__PROBLEM TO WORK ON__. Filter the entries below, keeping every line that has the word "begins".

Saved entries
───
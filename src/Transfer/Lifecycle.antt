-- ===== src/Transfer/Lifecycle.antt =====
-- The methods of src/file_transfer.rs against the lifecycle at the head of that file.
use marlin_binary_transfer.Common.{
  ◌≡◌, refl, sym, Bool, true, false, ◌⊎◌, inl, inr, Option, none, some, List, [], ◌∷◌, ◌++◌,
  append-nil, append_assoc, Checked, done, panic, stuck, ◌>>=◌, ◌>>◌, assert,
}
use marlin_binary_transfer.Text.{Str, split_once}
use marlin_binary_transfer.Session.State.{
  Event, synced, ack, resend_requested, ascii_line, fatal_error, out_of_sync, timeout, Session,
}
use marlin_binary_transfer.Transfer.State.{
  FileEvent, State, PendingAscii, query_version, query_failed, open_success, close_success,
  close_io_error, close_invalid, abort_success, FileTransfer, fail,
}
use marlin_binary_transfer.Transfer.Gates.{is_idle→, is_negotiated→, is_opened→}
use marlin_binary_transfer.Transfer.Reach.{done_injective}
use marlin_binary_transfer.Transfer.Operations.{
  query, open_file, write, close, abort, send, feed, tick, poll_outbound, version_line,
  version_fields, ascii_tail, on_ack, handle_ascii_line, handle_ack, handle_session_event,
  drain_events, pop_event, poll,
}
use marlin_binary_transfer.Transfer.Diagram.{
  Requests, Answers, negotiates, opened, written, closed, aborted, fails, Journey, begins, requests,
  answers, handed, Call, queries, opens, writes, closes, aborts, polls_outbound, feeds, ticks, Run,
  start, called, polled,
}

-- What the handler of one session event does with the state and the queue of events.
abbrev Moved : State → List FileEvent → FileTransfer → Type 0
Moved state events after =
    ((after.state ≡ state) × (after.out_events ≡ events))
    ⊎ ((event : FileEvent) × Answers state event after.state
        × (after.out_events ≡ events ++ event ∷ []))

on_ack-Moved :
    (state : State) (pending : Option PendingAscii) (ft : FileTransfer)
    → ft.state ≡ state
    → Moved state ft.out_events (on_ack state pending ft)
unfolding on_ack fail
on_ack-Moved State.awaiting_query_reply (some (query_version version compression)) ft e =
    inr (_, negotiates, refl)
on_ack-Moved State.awaiting_query_reply (some (query_failed error)) ft e = inr (_, fails, refl)
on_ack-Moved State.awaiting_query_reply none ft e = inr (_, fails, refl)
on_ack-Moved State.awaiting_open_reply (some open_success) ft e = inr (_, opened, refl)
on_ack-Moved State.awaiting_open_reply (some PendingAscii.open_busy) ft e = inr (_, fails, refl)
on_ack-Moved State.awaiting_open_reply (some PendingAscii.open_fail) ft e = inr (_, fails, refl)
on_ack-Moved State.awaiting_open_reply none ft e = inr (_, fails, refl)
on_ack-Moved State.awaiting_write_ack none ft e = inr (_, written, refl)
on_ack-Moved State.awaiting_write_ack (some pending) ft e = inr (_, fails, refl)
on_ack-Moved State.awaiting_close_reply (some close_success) ft e = inr (_, closed, refl)
on_ack-Moved State.awaiting_close_reply (some close_io_error) ft e = inr (_, fails, refl)
on_ack-Moved State.awaiting_close_reply (some close_invalid) ft e = inr (_, fails, refl)
on_ack-Moved State.awaiting_close_reply none ft e = inr (_, fails, refl)
on_ack-Moved State.awaiting_abort_reply (some abort_success) ft e = inr (_, aborted, refl)
on_ack-Moved State.awaiting_abort_reply none ft e = inr (_, fails, refl)
on_ack-Moved _ _ ft e = inl (e, refl)

version_line-Moved :
    (state : State) (rest : Str) (ft : FileTransfer)
    → ft.state ≡ state
    → Moved state ft.out_events (version_line state rest ft)
unfolding version_line version_fields
version_line-Moved State.awaiting_query_reply rest ft e = from (split_once b':' rest)
  where
    from :
        (fields : Option (Str × Str))
        → Moved State.awaiting_query_reply ft.out_events (version_fields fields ft)
    from none = inl (e, refl)
    from (some fields) = inl (e, refl)
version_line-Moved _ rest ft e = inl (e, refl)

ascii_tail-Moved :
    (tail : Option Str) (line : Str) (ft : FileTransfer)
    → Moved ft.state ft.out_events (ascii_tail tail line ft)
unfolding ascii_tail
ascii_tail-Moved (some rest) line ft = version_line-Moved ft.state rest ft refl
ascii_tail-Moved none line ft = inl (refl, refl)

handle_session_event-Moved :
    (event : Event) (ft : FileTransfer)
    → Moved ft.state ft.out_events (handle_session_event ft event)
unfolding handle_session_event handle_ascii_line handle_ack fail
handle_session_event-Moved (ascii_line line) ft = ascii_tail-Moved _ line ft
handle_session_event-Moved (ack n) ft =
    on_ack-Moved ft.state ft.pending_ascii (record ft { pending_ascii = none }) refl
handle_session_event-Moved (synced max_block_size protocol_version) ft = inl (refl, refl)
handle_session_event-Moved (resend_requested n) ft = inl (refl, refl)
handle_session_event-Moved fatal_error ft = inr (_, fails, refl)
handle_session_event-Moved (out_of_sync expected got) ft = inr (_, fails, refl)
handle_session_event-Moved (timeout sync) ft = inr (_, fails, refl)

Moved-Follows :
    (given : List FileEvent) (ft after : FileTransfer)
    → Moved ft.state ft.out_events after
    → Journey ft.state (given ++ ft.out_events)
    → Journey after.state (given ++ after.out_events)
Moved-Follows given ft after (inl (s, e)) p = rw (s, e) p
Moved-Follows given ft after (inr (event, a, e)) p =
    rw (e, sym (append_assoc given ft.out_events (event ∷ []))) (answers p a)

abbrev without : List Event → FileTransfer → FileTransfer
without rest ft = record ft { session = record (ft.session) { events = rest } }

drain_events-Follows :
    (given : List FileEvent) (events : List Event) (ft : FileTransfer)
    → Journey ft.state (given ++ ft.out_events)
    → Journey (drain_events events ft).state (given ++ (drain_events events ft).out_events)
unfolding drain_events
drain_events-Follows given [] ft p = p
drain_events-Follows given (event ∷ rest) ft p =
    drain_events-Follows given rest (handle_session_event (without rest ft) event) (
      Moved-Follows given (without rest ft) (handle_session_event (without rest ft) event)
        (handle_session_event-Moved event (without rest ft)) p)

pop_event-Follows :
    (given queue : List FileEvent) (ft : FileTransfer)
    → ft.out_events ≡ queue
    → Journey ft.state (given ++ ft.out_events)
    → Journey
        (pop_event queue ft).0.state
        ((given ++ handed (pop_event queue ft).1) ++ (pop_event queue ft).0.out_events)
unfolding pop_event
pop_event-Follows given [] ft e p = rw append-nil p
pop_event-Follows given (event ∷ rest) ft e p = rw (append_assoc given (event ∷ []) rest, sym e) p

poll-Follows :
    (given : List FileEvent) (ft : FileTransfer)
    → Journey ft.state (given ++ ft.out_events)
    → Journey (poll ft).0.state ((given ++ handed (poll ft).1) ++ (poll ft).0.out_events)
unfolding poll
poll-Follows given ft p =
    pop_event-Follows given _ (drain_events ft.session.events ft) refl
      (drain_events-Follows given ft.session.events ft p)

-- The call takes an arrow of a request, or stays.
abbrev Called : FileTransfer → State → FileTransfer → Type 0
Called ft state after = (after.state ≡ state) × (after.out_events ≡ ft.out_events)

with_session :
    (ft after : FileTransfer) (m : Checked Session)
    → (m >>= λ session. done (record ft { session = session })) ≡ done after
    → Called ft ft.state after
with_session ft after (done session) e = same (done_injective _ after e)
  where
    same : record ft { session = session } ≡ after → Called ft ft.state after
    same f = rw (sym f) (refl, refl)
with_session ft after panic e = cc
with_session ft after stuck e = cc

requested :
    (given : List FileEvent) (ft after : FileTransfer) (test : Bool) (state from : State)
    (m : Checked FileTransfer)
    → (test ≡ true → ft.state ≡ from)
    → Requests from state
    → (m ≡ done after → Called ft state after)
    → (assert test >> m) ≡ done after
    → Journey ft.state (given ++ ft.out_events)
    → Journey after.state (given ++ after.out_events)
requested given ft after true state from m g r h e p =
    let (s, q) = h e in rw (s, q) (requests (moved_from (g refl) p) r)
  where
    moved_from :
        ft.state ≡ from
        → Journey ft.state (given ++ ft.out_events)
        → Journey from (given ++ ft.out_events)
    moved_from f p = rw (sym f) p
requested given ft after false state from m g r h e p = cc

stayed :
    (given : List FileEvent) (ft after : FileTransfer)
    → Called ft ft.state after
    → Journey ft.state (given ++ ft.out_events)
    → Journey after.state (given ++ after.out_events)
stayed given ft after (s, q) p = rw (s, q) p

Call-Follows :
    {ft after : FileTransfer} (given : List FileEvent)
    → Call ft after
    → Journey ft.state (given ++ ft.out_events)
    → Journey after.state (given ++ after.out_events)
unfolding query open_file write close abort send feed tick poll_outbound
Call-Follows {ft} {after} given (queries compression now e) p =
    requested given ft after _ _ _ _ (is_idle→ ft.state) Requests.queries
      (λ d.
        with_session
          (record ft { requested_compression = compression; state = State.awaiting_query_reply })
          after _ d)
      e p
Call-Follows {ft} {after} given (opens name dummy now e) p =
    requested given ft after _ _ _ _ (is_negotiated→ ft.state) Requests.opens
      (λ d. with_session (record ft { state = State.awaiting_open_reply }) after _ d) e p
Call-Follows {ft} {after} given (writes chunk now e) p =
    requested given ft after _ _ _ _ (is_opened→ ft.state) Requests.writes
      (λ d. with_session (record ft { state = State.awaiting_write_ack }) after _ d) e p
Call-Follows {ft} {after} given (closes now e) p =
    requested given ft after _ _ _ _ (is_opened→ ft.state) Requests.closes
      (λ d. with_session (record ft { state = State.awaiting_close_reply }) after _ d) e p
Call-Follows {ft} {after} given (aborts now e) p =
    requested given ft after _ _ _ _ (is_opened→ ft.state) Requests.aborts
      (λ d. with_session (record ft { state = State.awaiting_abort_reply }) after _ d) e p
Call-Follows given polls_outbound p = p
Call-Follows {ft} {after} given (feeds bytes now e) p =
    stayed given ft after (with_session ft after _ e) p
Call-Follows {ft} {after} given (ticks now e) p =
    stayed given ft after (with_session ft after _ e) p

-- Every run follows the lifecycle: the events handed out so far, and then those that wait, are those
-- of a path of the diagram from `Idle` to the state of the transfer. The diagram has an arrow for
-- each request and for each reply to it, and a failure from every state.
pub Run-Follows :
    {ft : FileTransfer} {given : List FileEvent}
    → Run ft given
    → Journey ft.state (given ++ ft.out_events)
Run-Follows start = begins
Run-Follows (called r c) = Call-Follows _ c (Run-Follows r)
Run-Follows (polled {ft} {given} r) = poll-Follows given ft (Run-Follows r)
───
__SOLVED EXERCISE__.
  Requests, Answers, negotiates, opened, written, closed, aborted, fails, Journey, begins, requests,
Run-Follows start = begins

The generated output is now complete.